(INFORMATION)

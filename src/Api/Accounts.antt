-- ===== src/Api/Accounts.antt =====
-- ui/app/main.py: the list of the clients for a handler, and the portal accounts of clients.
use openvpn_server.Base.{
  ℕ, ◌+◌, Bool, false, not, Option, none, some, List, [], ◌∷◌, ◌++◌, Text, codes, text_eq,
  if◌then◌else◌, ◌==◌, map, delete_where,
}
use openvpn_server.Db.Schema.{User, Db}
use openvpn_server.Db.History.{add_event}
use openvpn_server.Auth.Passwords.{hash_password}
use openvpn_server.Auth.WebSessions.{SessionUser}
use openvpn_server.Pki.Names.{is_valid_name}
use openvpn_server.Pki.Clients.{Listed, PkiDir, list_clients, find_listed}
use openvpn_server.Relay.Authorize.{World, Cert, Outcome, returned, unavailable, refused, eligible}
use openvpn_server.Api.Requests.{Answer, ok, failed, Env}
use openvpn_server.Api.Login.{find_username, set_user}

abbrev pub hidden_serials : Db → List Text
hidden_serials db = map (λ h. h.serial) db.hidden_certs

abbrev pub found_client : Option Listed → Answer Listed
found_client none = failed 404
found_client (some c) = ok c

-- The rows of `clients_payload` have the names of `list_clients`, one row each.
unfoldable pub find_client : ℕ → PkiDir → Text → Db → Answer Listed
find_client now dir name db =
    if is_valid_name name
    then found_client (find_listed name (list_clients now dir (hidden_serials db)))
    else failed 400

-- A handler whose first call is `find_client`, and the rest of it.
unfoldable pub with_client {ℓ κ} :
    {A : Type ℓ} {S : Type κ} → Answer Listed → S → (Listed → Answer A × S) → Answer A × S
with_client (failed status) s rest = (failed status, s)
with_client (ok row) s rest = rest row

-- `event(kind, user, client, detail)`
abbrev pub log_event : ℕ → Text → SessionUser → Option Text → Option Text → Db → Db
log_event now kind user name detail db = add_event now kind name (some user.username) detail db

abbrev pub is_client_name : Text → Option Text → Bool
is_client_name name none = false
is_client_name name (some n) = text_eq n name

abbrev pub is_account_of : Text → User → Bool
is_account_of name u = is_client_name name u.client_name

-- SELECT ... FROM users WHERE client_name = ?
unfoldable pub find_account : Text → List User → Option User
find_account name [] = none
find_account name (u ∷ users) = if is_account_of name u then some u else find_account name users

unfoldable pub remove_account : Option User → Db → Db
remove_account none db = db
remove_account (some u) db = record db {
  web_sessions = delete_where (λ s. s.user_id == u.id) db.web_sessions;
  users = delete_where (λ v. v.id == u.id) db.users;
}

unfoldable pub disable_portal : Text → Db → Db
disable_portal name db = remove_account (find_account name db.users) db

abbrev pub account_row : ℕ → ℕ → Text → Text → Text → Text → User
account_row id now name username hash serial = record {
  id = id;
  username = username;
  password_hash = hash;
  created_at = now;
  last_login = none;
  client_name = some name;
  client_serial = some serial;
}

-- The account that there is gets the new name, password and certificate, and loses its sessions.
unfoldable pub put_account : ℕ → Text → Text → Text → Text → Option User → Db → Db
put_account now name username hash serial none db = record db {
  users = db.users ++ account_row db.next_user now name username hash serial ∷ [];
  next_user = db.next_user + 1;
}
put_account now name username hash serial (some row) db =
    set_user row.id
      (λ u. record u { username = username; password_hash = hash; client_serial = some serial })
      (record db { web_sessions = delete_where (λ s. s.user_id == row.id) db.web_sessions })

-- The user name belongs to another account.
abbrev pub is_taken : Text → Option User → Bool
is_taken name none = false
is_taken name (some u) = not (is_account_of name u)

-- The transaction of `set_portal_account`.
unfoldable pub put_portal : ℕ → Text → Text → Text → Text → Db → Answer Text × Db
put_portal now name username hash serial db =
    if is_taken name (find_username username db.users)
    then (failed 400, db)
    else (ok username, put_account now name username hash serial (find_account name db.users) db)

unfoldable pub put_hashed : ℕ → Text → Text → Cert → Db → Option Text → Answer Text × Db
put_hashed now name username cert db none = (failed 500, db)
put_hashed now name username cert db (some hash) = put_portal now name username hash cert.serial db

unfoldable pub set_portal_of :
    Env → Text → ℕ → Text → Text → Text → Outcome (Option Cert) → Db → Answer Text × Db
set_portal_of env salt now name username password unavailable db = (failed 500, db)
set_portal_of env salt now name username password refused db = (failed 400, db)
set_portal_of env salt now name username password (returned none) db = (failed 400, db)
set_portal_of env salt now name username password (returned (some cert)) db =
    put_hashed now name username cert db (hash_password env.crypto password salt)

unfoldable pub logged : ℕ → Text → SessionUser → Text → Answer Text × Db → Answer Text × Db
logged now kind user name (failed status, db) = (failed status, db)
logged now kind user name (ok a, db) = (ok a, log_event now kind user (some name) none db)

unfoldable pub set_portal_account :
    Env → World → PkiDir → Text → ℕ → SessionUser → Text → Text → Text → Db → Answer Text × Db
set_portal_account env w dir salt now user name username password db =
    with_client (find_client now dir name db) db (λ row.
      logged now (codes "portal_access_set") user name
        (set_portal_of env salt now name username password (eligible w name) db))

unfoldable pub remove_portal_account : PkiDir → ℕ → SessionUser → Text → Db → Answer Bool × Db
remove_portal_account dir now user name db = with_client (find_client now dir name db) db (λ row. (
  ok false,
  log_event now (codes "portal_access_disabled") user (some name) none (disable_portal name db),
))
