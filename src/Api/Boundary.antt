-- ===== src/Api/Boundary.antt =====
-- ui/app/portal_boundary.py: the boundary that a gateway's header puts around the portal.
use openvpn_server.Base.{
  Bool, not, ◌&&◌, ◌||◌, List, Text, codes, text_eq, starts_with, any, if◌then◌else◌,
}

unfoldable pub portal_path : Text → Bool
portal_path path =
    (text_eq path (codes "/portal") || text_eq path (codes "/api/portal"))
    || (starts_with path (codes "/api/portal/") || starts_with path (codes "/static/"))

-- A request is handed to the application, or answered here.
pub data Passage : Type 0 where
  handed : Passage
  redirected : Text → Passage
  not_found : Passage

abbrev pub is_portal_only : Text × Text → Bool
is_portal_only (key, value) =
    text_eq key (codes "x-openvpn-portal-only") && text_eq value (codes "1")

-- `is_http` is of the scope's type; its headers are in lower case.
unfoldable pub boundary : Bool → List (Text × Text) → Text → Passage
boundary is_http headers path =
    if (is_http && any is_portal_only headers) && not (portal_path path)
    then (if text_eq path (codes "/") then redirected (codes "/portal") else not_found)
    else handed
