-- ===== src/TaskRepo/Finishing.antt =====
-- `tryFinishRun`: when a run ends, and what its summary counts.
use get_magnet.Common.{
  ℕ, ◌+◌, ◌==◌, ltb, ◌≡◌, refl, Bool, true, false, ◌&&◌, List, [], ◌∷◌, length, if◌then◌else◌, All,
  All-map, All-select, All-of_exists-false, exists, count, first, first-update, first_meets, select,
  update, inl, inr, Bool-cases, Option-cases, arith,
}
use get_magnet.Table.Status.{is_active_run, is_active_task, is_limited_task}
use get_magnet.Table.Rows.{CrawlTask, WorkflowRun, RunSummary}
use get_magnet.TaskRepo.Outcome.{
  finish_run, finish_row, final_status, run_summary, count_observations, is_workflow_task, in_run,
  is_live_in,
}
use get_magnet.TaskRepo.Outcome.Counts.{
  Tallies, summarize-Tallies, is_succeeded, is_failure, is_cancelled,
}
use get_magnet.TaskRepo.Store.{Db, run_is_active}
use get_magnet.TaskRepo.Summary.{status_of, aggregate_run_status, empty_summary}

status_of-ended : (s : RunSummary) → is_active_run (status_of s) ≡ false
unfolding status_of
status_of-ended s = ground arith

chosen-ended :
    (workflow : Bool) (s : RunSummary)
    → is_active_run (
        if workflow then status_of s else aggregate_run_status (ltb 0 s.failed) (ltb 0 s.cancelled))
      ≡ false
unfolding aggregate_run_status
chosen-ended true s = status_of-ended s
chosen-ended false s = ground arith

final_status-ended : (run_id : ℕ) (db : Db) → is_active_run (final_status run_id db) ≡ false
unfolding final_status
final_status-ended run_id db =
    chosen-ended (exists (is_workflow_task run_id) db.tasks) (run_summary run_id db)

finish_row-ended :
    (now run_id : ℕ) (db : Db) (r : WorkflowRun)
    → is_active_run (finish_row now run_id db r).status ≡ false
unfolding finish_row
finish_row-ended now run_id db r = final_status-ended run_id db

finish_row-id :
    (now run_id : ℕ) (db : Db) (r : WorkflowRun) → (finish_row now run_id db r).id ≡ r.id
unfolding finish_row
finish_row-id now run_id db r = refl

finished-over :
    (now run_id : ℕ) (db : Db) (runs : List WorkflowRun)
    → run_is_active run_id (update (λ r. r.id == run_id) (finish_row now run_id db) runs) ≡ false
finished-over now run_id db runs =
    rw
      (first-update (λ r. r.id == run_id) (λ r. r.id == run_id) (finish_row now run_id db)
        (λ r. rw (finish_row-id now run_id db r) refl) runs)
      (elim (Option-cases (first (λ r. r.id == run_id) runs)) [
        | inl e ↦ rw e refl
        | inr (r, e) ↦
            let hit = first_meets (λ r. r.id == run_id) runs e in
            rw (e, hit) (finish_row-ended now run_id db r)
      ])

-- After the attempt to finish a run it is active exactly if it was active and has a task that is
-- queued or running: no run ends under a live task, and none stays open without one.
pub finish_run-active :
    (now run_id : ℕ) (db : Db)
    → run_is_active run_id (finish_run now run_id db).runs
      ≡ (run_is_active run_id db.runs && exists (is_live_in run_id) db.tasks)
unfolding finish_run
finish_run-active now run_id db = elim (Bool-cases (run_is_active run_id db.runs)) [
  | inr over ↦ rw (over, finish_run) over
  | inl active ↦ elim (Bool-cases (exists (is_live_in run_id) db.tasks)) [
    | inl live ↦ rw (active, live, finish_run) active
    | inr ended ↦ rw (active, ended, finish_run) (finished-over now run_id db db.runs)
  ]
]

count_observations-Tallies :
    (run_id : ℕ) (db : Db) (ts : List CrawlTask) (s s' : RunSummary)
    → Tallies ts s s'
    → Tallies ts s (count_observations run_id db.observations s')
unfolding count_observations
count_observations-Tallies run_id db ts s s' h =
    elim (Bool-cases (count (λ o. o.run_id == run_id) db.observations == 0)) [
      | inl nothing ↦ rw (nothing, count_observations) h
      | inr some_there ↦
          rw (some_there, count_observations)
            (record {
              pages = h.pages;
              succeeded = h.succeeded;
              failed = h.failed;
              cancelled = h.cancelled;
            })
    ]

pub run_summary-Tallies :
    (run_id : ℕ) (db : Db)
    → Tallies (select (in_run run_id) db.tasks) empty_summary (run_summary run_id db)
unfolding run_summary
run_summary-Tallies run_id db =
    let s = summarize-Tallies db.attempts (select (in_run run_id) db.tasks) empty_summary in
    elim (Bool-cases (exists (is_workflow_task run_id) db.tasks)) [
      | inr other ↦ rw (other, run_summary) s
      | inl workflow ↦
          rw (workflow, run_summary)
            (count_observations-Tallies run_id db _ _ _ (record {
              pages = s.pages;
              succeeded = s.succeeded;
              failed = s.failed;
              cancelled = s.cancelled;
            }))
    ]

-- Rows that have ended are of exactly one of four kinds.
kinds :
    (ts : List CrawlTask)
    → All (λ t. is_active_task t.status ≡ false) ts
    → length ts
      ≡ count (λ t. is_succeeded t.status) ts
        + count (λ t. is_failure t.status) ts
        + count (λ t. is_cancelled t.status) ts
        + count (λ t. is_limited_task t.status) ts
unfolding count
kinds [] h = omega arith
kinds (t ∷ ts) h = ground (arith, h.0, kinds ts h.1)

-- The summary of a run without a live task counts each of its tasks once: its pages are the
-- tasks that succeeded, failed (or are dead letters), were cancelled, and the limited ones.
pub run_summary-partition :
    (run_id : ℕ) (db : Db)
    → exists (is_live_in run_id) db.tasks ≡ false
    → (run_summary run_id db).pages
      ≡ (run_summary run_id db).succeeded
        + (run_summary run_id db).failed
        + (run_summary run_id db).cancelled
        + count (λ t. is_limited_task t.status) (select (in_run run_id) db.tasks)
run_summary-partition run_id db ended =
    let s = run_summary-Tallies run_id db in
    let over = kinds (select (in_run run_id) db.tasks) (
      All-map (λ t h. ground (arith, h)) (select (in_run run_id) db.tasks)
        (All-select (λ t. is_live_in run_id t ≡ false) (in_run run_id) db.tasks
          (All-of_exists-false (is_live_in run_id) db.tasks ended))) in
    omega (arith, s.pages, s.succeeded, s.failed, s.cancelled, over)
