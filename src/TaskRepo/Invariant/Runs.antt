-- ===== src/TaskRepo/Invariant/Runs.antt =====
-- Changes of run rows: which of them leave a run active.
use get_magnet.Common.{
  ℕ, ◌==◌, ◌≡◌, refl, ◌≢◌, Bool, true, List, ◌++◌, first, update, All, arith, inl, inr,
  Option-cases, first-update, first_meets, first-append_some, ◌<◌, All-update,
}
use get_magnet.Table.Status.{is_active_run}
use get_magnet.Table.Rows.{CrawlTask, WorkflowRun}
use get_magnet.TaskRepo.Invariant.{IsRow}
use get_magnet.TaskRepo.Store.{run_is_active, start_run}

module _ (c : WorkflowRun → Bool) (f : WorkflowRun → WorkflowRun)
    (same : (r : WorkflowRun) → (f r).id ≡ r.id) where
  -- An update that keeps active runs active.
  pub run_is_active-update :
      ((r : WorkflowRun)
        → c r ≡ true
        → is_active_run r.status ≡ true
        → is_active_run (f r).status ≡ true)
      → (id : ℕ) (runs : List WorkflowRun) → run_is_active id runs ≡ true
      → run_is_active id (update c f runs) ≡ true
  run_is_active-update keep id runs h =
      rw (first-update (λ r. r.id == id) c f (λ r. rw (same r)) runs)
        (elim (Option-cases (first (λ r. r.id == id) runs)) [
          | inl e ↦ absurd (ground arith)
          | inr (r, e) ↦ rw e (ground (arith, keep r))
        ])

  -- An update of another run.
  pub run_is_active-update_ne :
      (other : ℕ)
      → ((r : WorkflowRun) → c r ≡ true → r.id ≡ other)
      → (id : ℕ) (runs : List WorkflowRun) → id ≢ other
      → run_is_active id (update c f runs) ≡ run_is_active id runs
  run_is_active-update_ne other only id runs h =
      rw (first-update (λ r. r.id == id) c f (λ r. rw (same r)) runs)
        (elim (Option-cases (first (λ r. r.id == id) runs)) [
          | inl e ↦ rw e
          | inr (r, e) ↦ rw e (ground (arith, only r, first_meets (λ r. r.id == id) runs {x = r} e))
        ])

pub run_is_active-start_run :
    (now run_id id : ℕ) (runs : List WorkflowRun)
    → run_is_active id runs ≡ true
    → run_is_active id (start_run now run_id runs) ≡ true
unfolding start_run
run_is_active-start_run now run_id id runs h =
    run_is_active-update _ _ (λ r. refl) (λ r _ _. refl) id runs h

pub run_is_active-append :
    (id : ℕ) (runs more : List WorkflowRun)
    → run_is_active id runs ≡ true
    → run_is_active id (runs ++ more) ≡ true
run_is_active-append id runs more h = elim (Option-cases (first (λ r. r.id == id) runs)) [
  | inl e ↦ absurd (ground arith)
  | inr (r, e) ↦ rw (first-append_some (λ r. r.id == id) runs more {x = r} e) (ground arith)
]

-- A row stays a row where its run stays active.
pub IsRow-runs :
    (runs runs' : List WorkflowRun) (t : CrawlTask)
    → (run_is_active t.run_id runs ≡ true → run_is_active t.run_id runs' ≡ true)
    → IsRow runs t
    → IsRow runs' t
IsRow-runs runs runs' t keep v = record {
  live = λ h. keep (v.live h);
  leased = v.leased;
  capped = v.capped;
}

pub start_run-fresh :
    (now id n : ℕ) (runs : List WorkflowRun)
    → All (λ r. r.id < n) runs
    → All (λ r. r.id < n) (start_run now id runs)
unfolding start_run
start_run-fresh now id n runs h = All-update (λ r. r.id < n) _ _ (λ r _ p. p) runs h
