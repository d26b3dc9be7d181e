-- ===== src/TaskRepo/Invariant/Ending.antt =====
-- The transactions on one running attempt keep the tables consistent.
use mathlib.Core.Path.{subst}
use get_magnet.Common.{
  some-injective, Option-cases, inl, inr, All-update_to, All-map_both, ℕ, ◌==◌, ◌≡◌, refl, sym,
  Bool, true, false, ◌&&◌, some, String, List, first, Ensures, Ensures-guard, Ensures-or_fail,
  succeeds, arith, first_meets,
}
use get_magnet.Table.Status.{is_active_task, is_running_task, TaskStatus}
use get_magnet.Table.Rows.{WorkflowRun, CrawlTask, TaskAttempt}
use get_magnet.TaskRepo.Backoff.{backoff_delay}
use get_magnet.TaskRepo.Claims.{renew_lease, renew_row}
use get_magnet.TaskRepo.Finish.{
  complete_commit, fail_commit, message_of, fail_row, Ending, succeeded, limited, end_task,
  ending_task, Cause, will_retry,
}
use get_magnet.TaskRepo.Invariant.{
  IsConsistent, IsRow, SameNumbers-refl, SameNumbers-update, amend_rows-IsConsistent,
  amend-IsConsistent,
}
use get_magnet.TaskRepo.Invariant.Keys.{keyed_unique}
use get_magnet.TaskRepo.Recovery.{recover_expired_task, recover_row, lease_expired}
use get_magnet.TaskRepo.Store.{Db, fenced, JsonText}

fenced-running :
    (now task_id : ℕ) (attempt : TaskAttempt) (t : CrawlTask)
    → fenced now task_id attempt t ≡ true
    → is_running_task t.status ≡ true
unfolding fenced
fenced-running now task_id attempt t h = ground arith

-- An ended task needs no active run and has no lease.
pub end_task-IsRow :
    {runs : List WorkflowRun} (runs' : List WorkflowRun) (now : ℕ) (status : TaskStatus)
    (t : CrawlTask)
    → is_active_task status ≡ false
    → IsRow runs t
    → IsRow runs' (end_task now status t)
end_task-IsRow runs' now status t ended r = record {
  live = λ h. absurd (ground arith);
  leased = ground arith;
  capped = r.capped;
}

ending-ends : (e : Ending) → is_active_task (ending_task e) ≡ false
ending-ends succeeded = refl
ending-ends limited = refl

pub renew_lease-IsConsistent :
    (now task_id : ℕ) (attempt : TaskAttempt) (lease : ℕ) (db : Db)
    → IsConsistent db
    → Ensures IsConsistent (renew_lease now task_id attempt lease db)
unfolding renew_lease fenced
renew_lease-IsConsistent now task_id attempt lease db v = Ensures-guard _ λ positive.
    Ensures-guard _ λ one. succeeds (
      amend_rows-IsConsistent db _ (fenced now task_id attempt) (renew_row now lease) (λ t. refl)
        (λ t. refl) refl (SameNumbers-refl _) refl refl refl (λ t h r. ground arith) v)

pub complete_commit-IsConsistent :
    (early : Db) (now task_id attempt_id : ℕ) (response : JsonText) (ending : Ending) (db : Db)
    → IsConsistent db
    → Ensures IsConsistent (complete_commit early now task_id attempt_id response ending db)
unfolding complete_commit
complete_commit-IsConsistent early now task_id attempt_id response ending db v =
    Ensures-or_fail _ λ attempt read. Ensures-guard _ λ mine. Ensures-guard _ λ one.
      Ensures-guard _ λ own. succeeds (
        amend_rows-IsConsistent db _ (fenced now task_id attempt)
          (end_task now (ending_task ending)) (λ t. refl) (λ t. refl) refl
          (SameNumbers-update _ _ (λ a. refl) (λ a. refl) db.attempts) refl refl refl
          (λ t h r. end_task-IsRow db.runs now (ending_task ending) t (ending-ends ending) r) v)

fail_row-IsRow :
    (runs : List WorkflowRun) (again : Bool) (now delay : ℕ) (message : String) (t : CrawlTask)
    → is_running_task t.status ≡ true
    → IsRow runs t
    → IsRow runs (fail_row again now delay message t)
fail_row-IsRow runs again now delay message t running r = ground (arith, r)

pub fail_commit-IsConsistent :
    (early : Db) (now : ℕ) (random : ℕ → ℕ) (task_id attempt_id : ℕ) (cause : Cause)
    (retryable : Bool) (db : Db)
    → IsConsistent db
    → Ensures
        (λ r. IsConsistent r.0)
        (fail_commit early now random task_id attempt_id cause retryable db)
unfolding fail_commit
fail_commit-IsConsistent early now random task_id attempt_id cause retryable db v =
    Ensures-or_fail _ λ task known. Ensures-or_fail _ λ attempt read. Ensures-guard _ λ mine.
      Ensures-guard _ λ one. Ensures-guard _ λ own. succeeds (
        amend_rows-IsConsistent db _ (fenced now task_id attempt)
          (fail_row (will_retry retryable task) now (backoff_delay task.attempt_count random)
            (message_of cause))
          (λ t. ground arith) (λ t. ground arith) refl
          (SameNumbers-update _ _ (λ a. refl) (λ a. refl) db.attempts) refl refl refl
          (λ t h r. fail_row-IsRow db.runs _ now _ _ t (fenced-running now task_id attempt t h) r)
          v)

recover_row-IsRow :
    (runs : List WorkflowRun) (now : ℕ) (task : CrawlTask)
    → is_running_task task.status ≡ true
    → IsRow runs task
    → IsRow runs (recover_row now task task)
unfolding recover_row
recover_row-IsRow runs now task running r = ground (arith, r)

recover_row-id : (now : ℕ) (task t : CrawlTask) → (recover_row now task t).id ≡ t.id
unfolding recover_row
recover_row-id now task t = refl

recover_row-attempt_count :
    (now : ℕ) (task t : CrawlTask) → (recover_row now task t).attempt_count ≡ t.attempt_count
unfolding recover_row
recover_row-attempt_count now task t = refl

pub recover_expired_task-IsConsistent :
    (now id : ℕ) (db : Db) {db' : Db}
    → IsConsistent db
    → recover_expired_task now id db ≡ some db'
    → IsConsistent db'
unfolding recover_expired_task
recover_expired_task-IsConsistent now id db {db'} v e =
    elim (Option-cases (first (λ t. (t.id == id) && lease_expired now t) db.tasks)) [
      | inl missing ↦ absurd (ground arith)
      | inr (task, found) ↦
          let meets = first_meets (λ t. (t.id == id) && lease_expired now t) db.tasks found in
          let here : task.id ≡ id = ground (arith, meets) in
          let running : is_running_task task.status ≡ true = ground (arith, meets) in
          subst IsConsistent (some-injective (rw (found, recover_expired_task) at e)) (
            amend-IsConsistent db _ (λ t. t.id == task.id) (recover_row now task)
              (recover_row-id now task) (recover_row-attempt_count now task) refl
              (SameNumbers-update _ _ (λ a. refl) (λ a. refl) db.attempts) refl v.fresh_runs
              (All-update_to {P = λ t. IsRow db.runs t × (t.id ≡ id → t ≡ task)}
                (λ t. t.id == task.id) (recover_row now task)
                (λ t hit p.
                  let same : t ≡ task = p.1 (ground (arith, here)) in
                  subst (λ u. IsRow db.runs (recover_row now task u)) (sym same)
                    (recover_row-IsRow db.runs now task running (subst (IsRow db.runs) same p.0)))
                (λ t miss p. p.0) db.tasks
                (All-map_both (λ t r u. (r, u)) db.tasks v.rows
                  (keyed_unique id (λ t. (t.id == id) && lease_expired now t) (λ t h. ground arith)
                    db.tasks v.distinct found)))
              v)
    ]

(End INFORMATION)

-- WORK INSTRUCTION --
From the material above, set down exactly the lines between the line holding "(run_summary run_id db).pages" and the line holding "(same : (r : WorkflowRun)", inclusive. Include nothing else.

-- TASK ANSWER --
    → (run_summary run_id db).pages
      ≡ (run_summary run_id db).succeeded
        + (run_summary run_id db).failed
        + (run_summary run_id db).cancelled
        + count (λ t. is_limited_task t.status) (select (in_run run_id) db.tasks)
run_summary-partition run_id db ended =
    let s = run_summary-Tallies run_id db in
    let over = kinds (select (in_run run_id) db.tasks) (
      All-map (λ t h. ground (arith, h)) (select (in_run run_id) db.tasks)
        (All-select (λ t. is_live_in run_id t ≡ false) (in_run run_id) db.tasks
          (All-of_exists-false (is_live_in run_id) db.tasks ended))) in
    omega (arith, s.pages, s.succeeded, s.failed, s.cancelled, over)
filename src/TaskRepo/Invariant/Runs.antt
-- ===== src/TaskRepo/Invariant/Runs.antt =====
-- Changes of run rows: which of them leave a run active.
use get_magnet.Common.{
  ℕ, ◌==◌, ◌≡◌, refl, ◌≢◌, Bool, true, List, ◌++◌, first, update, All, arith, inl, inr,
  Option-cases, first-update, first_meets, first-append_some, ◌<◌, All-update,
}
use get_magnet.Table.Status.{is_active_run}
use get_magnet.Table.Rows.{CrawlTask, WorkflowRun}
use get_magnet.TaskRepo.Invariant.{IsRow}
use get_magnet.TaskRepo.Store.{run_is_active, start_run}

module _ (c : WorkflowRun → Bool) (f : WorkflowRun → WorkflowRun)
    (same : (r : WorkflowRun) → (f r).id ≡ r.id) where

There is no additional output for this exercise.